A topic that comes up several times in Management Information Systems courses is distributed data technologies, or more specifically, Hadoop. Hadoop is a software from Apache that stores data using the Distributed File System over multiple nodes (“Hadoop and Big Data”). Nodes are computers made for the purpose of storing data. Hadoop has advantages: it is open source (free), it is easy to scale by adding more nodes, is flexible enough that companies can add data as they go without preprocessing, and it is faster the more nodes are added (Phillip). Data storage through Hadoop is not susceptible to hardware failure because if one node fails, the data is automatically transferred to another node.
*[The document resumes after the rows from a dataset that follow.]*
-- ===== src/Journal/Falling.antt =====
-- The entries of the journal from the newest on: the order in which `view` shows them.
use zwrt_datad.Prelude.{
  ℕ, zero, suc, ◌+◌, ◌≤◌, ◌<◌, ◌≡◌, refl, Bool, some, List, [], ◌∷◌, ◌++◌, arith, take, drop,
  retain, last, ltb, Bool-cases, inl, inr,
}
use zwrt_datad.Journal.{Entry, newest_first}
use zwrt_datad.Journal.Rising.{IsRising}

-- Ids that fall strictly, all of them below `hi` and from `lo` on.
abbrev pub IsFalling : ℕ → List Entry → ℕ → Type 0
IsFalling hi [] lo = lo ≤ hi
IsFalling hi (e ∷ entries) lo = (e.id < hi) × IsFalling e.id entries lo

IsFalling-weaken :
    (hi hi' : ℕ) (entries : List Entry) (lo lo' : ℕ)
    → hi ≤ hi'
    → lo' ≤ lo
    → IsFalling hi entries lo
    → IsFalling hi' entries lo'
IsFalling-weaken hi hi' [] lo lo' l k h = omega arith
IsFalling-weaken hi hi' (e ∷ entries) lo lo' l k (h, hs) =
    (omega arith, IsFalling-weaken e.id e.id entries lo lo' (omega arith) k hs)

IsFalling-append :
    (hi : ℕ) (entries : List Entry) (lo : ℕ) (e : Entry)
    → e.id < lo
    → IsFalling hi entries lo
    → IsFalling hi (entries ++ (e ∷ [])) e.id
IsFalling-append hi [] lo e l h = (omega arith, omega arith)
IsFalling-append hi (x ∷ entries) lo e l (h, hs) = (h, IsFalling-append x.id entries lo e l hs)

pub IsFalling-newest_first :
    (lo : ℕ) (entries : List Entry) (hi : ℕ)
    → IsRising lo entries hi
    → IsFalling hi (newest_first entries) lo
IsFalling-newest_first lo [] hi h = h
IsFalling-newest_first lo (e ∷ entries) hi (h, hs) =
    IsFalling-weaken hi hi (newest_first (e ∷ entries)) e.id lo (omega arith) h (
      IsFalling-append hi (newest_first entries) (e.id + 1) e (omega arith)
        (IsFalling-newest_first (e.id + 1) entries hi hs))

pub IsFalling-retain :
    (p : Entry → Bool) (hi : ℕ) (entries : List Entry) (lo : ℕ)
    → IsFalling hi entries lo
    → IsFalling hi (retain p entries) lo
IsFalling-retain p hi [] lo h = h
IsFalling-retain p hi (e ∷ entries) lo (h, hs) = elim (Bool-cases (p e)) [
  | inl t ↦ rw t (h, IsFalling-retain p e.id entries lo hs)
  | inr t ↦ rw t (
      IsFalling-weaken e.id hi (retain p entries) lo lo (omega arith) (omega arith)
        (IsFalling-retain p e.id entries lo hs))
]

unfoldable pub before_id : ℕ → Entry → Bool
before_id id e = ltb e.id id

retain-IsFalling :
    (entries : List Entry) (hi lo : ℕ)
    → IsFalling hi entries lo
    → (id : ℕ) → hi ≤ id
    → retain (before_id id) entries ≡ entries
unfolding before_id
retain-IsFalling [] hi lo h id l = refl
retain-IsFalling (e ∷ entries) hi lo (h, hs) id l =
    ground (arith, retain-IsFalling entries e.id lo hs id (omega arith))

last-take :
    (n : ℕ) (entries : List Entry) (hi lo : ℕ) (e : Entry)
    → IsFalling hi entries lo
    → last (take n entries) ≡ some e
    → e.id < hi
last-take zero entries hi lo e h l = cc
last-take (suc n) [] hi lo e h l = cc
last-take (suc zero) (x ∷ entries) hi lo e (h, hs) l = ground arith
last-take (suc (suc n)) (x ∷ []) hi lo e (h, hs) l = ground arith
last-take (suc (suc n)) (x ∷ y ∷ entries) hi lo e (h, hs) l =
    omega (arith, last-take (suc n) (y ∷ entries) x.id lo e hs l)

-- The entries before the last one of the first page are the ones behind the page.
pub next_page :
    (n : ℕ) (entries : List Entry) (hi lo : ℕ) (e : Entry)
    → IsFalling hi entries lo
    → last (take (suc n) entries) ≡ some e
    → retain (before_id e.id) entries ≡ drop (suc n) entries
unfolding before_id
next_page n [] hi lo e h l = cc
next_page zero (x ∷ entries) hi lo e (h, hs) l =
    let same : x.id ≡ e.id = cc l in
    ground (arith, same, retain-IsFalling entries x.id lo hs e.id (omega (arith, same)))
next_page (suc n) (x ∷ []) hi lo e (h, hs) l = let same : x.id ≡ e.id = cc l in ground (arith, same)
next_page (suc n) (x ∷ y ∷ entries) hi lo e (h, hs) l = ground (
  arith,
  last-take (suc n) (y ∷ entries) x.id lo e hs l,
  next_page n (y ∷ entries) x.id lo e hs l,
)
In MIS2502, processing and storing data was discussed. The class looked at how relational databases work and how SQL can be used to put information in or process that data out. Hadoop can store multiple databases, a data warehouse, or unstructured data. With the massive amounts of storage MapReduce is used. MapReduce maps out the data on all of the nodes, and then reduces those results to formulate an answer to the query(Gualtieri).
Companies that have increasing, inconsistent, influxes of data should use Hadoop. Social media is growing, which means companies need to be able to store and analyze large sets of unstructured data. The professional social media website, Linkedin, uses Hadoop for data storage. Hadoop is flexible, making it easy to add more data to the storage. Linkedin needs that feature because every second two new users come aboard (“How LinkedIn uses Hadoop to leverage Big Data Analytics?”). Linkedin uses association mining, talked about in MIS2502, to give connection and job recommendations. The user data on Linkedin is unstructured, therefore Hadoop is an efficient way to store and perform analysis.
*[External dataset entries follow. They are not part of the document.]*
-- ===== src/Journal/Flushed.antt =====
-- What a restart finds of the journal once it is flushed.
use zwrt_datad.Prelude.{
  ℕ, ◌+◌, ◌≤◌, ◌<◌, ◌^◌, ◌≡◌, refl, Bool, true, false, ◌&&◌, List, [], ◌∷◌, arith, length, drop,
  all, All, All-append, Bool-cases, inl, inr, ◌⊎◌, ltb, ◌==◌, if◌then◌else◌, zero, suc,
}
use zwrt_datad.Prelude.Text.{Bytes}
use zwrt_datad.Storage.{DiskFile, missing, invalid, holds}
use zwrt_datad.Journal.{
  Journal, Stored, Report, Entry, load, loaded, loadable, entry_loadable, push, flush, set_level,
  clear, replaced, appended, bounded, take_chars, level_number, rank, repeated,
}
use zwrt_datad.Journal.Trace.{
  Event, pushed, flushed, cleared, restarted, level_set, Sample, apply, run, started,
}
use zwrt_datad.Journal.Rising.{IsRising, IsGood, run-IsGood}

-- Texts of at most 80 bytes, as `load` wants them.
abbrev pub IsShort : Report → Type 0
IsShort r = (length r.task ≤ 80) × (length r.action ≤ 80) × (length r.reason ≤ 80)

abbrev pub IsShortEvent : Event → Type 0
IsShortEvent (pushed now device_time r) = IsShort r
IsShortEvent _ = Unit

abbrev HasShort : Stored → Type 0
HasShort s = All (λ e. IsShort e.report) s.entries

abbrev HoldsShort : DiskFile Stored → Type 0
HoldsShort (holds s) = HasShort s
HoldsShort _ = Unit

length-take_chars : (n : ℕ) (text : Bytes) → length (take_chars n text) ≤ length text
unfolding take_chars
length-take_chars n [] = omega arith
length-take_chars zero (b ∷ text) = ground (arith, length-take_chars zero text)
length-take_chars (suc n) (b ∷ text) =
    ground (arith, length-take_chars (suc n) text, length-take_chars n text)

All-tail {ℓ κ} : {A : Type ℓ} (P : A → Type κ) (xs : List A) → All P xs → All P (drop 1 xs)
All-tail P [] a = a
All-tail P (x ∷ xs) (h, a) = a

All-bounded :
    (entries : List Entry)
    → All (λ e. IsShort e.report) entries
    → All (λ e. IsShort e.report) (bounded entries)
unfolding bounded
All-bounded entries a = elim (Bool-cases (ltb 300 (length entries))) [
  | inl e ↦ rw e (All-tail (λ x. IsShort x.report) entries a)
  | inr e ↦ rw e a
]

appended-HasShort :
    (s : Stored) (r : Report) (now : ℕ) (device_time : Bytes)
    → IsShort r
    → HasShort s
    → HasShort (appended s r now device_time)
unfolding appended
appended-HasShort s r now device_time (t, a, b) h = All-bounded _ (
    All-append (λ e. IsShort e.report) s.entries _ h
      ((omega (arith, length-take_chars 80 r.task), a, b), tt))

rising_loadable :
    (lo : ℕ) (entries : List Entry) (hi : ℕ)
    → IsRising lo entries hi
    → All (λ e. IsShort e.report) entries
    → all (entry_loadable hi) entries ≡ true
unfolding entry_loadable
rising_loadable lo [] hi h a = refl
rising_loadable lo (e ∷ entries) hi (h, hs) (s, a) =
    ground (arith, rising_loadable (e.id + 1) entries hi hs a, rising_le (e.id + 1) entries hi hs)
  where
    rising_le : (lo : ℕ) (entries : List Entry) (hi : ℕ) → IsRising lo entries hi → lo ≤ hi
    rising_le lo [] hi h = h
    rising_le lo (x ∷ entries) hi (h, hs) = omega (arith, rising_le (x.id + 1) entries hi hs)

good_loadable : (k : ℕ) (s : Stored) → IsGood k s → HasShort s → loadable s ≡ true
unfolding loadable
good_loadable k s g h = ground (arith, rising_loadable 0 s.entries s.next_id g.rising h, g.at_most)

module _ (fits : Stored → Bool) where
  -- While nothing is unsaved, the file has what is in memory, or a restart would find that.
  record Kept (j : Journal) : Type 0 where
    in_memory : HasShort j.stored
    on_disk : HoldsShort j.path
    clean : j.dirty ≡ false → (loaded fits j.path ≡ j.stored) ⊎ (j.path ≡ holds j.stored)

  Kept-if : (test : Bool) (x y : Journal) → Kept x → Kept y → Kept (if test then x else y)
  Kept-if true x y i j = i
  Kept-if false x y i j = j

  flush-Kept : (saves : Bool) (j : Journal) → Kept j → Kept (flush saves j)
  unfolding flush
  flush-Kept true j i =
      Kept-if j.dirty _ j
        (record { in_memory = i.in_memory; on_disk = i.in_memory; clean = λ _. inr refl }) i
  flush-Kept false j i =
      Kept-if j.dirty _ j (record { in_memory = i.in_memory; on_disk = i.on_disk; clean = λ h. cc })
        i

  replaced-Kept :
      (saves : Bool) (j : Journal) (next : Stored)
      → Kept j
      → HasShort next
      → Kept (replaced saves j next).0
  unfolding replaced
  replaced-Kept true j next i h = record { in_memory = h; on_disk = h; clean = λ _. inr refl }
  replaced-Kept false j next i h = i

  push-Kept :
      (saves : Bool) (now : ℕ) (device_time : Bytes) (j : Journal) (r : Report)
      → IsShort r
      → Kept j
      → Kept (push saves now device_time j r)
  unfolding push
  push-Kept saves now device_time j r s i =
      let j' = record j { stored = appended j.stored r now device_time; dirty = true } in
      let i' : Kept j' = record {
        in_memory = appended-HasShort j.stored r now device_time s i.in_memory;
        on_disk = i.on_disk;
        clean = λ h. cc;
      } in
      Kept-if (ltb (level_number j.stored.level) (level_number (rank r))) j _ i (
        Kept-if (repeated j.stored r now) j _ i
          (Kept-if (level_number j'.stored.level == 3) _ j' (flush-Kept saves j' i') i'))

  loaded-HasShort : (p : DiskFile Stored) → HoldsShort p → HasShort (loaded fits p)
  unfolding loaded
  loaded-HasShort missing h = tt
  loaded-HasShort invalid h = tt
  loaded-HasShort (holds s) h = elim (Bool-cases (fits s && loadable s)) [
    | inl e ↦ rw e h
    | inr e ↦ rw e tt
  ]

  apply-Kept :
      (saves : Bool) (e : Event) (j : Journal)
      → IsShortEvent e
      → Kept j
      → Kept (apply fits saves e j)
  unfolding apply
  apply-Kept saves (pushed now device_time r) j s i = push-Kept saves now device_time j r s i
  apply-Kept saves flushed j s i = flush-Kept saves j i
  apply-Kept saves cleared j s i = unfold clear in replaced-Kept saves j _ i tt
  apply-Kept saves (level_set level) j s i =
      unfold set_level in replaced-Kept saves j _ i i.in_memory
  apply-Kept saves restarted j s i =
      unfold load in
      record {
        in_memory = loaded-HasShort j.path i.on_disk;
        on_disk = i.on_disk;
        clean = λ _. inl refl;
      }

  run-Kept :
      (samples : List Sample) (j : Journal)
      → All (λ s. IsShortEvent s.event) samples
      → Kept j
      → Kept (run fits j samples)
  unfolding run
  run-Kept [] j a i = i
  run-Kept (s ∷ samples) j (h, a) i =
      run-Kept samples (apply fits s.saves s.event j) a (apply-Kept s.saves s.event j h i)

  load-Kept : Kept (load fits missing)
  unfolding load
  load-Kept = record { in_memory = loaded-HasShort missing tt; on_disk = tt; clean = λ _. inl refl }

  loaded_holds : (s : Stored) → fits s ≡ true → loadable s ≡ true → loaded fits (holds s) ≡ s
  unfolding loaded
  loaded_holds s f l = ground arith

  found_again :
      (k : ℕ) (j : Journal)
      → IsGood k j.stored
      → Kept j
      → j.dirty ≡ false
      → fits j.stored ≡ true
      → (load fits j.path).stored ≡ j.stored
  unfolding load
  found_again k j g i d f = elim (i.clean d) [
    | inl e ↦ e
    | inr e ↦ rw e (loaded_holds j.stored f (good_loadable k j.stored g i.in_memory))
  ]

-- From a missing file, after any calls and restarts that are fewer than 2^64 - 1, with saves that
-- fail or not and pushed actions, reasons and tasks of at most 80 bytes: where nothing is unsaved
-- and the file would take 256 KiB at most, a restart finds the journal that was in memory.
pub saved_journal :
    (fits : Stored → Bool) (samples : List Sample)
    → length samples + 1 < 2 ^ 64
    → All (λ s. IsShortEvent s.event) samples
    → (started fits samples).dirty ≡ false
    → fits (started fits samples).stored ≡ true
    → (load fits (started fits samples).path).stored ≡ (started fits samples).stored
saved_journal fits samples l a =
    found_again fits (length samples) (run fits (load fits missing) samples)
      (run-IsGood fits samples l) (run-Kept fits samples (load fits missing) a (load-Kept fits))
“Hadoop & Big Data.” What Is Apache Hadoop? MapR Technologies, n.d. Web. 28 Apr. 2017.
“How LinkedIn Uses Hadoop to Leverage Big Data Analytics?” DeZyre. N.p., 10 Mar. 2016. Web. 28 Apr. 2017.
Phillips, Nate. “Hadoop vs. Traditional Database: Choose a Big Data Database.” Qubole. Qubole, 01 Aug. 2016. Web. 28 Apr. 2017.
What Is Hadoop? Dir. Mike Gualtieri. Perf. Mike Gualtieri. Youtube. Youtube, 7 June 2013. Web. 28 Apr. 2017.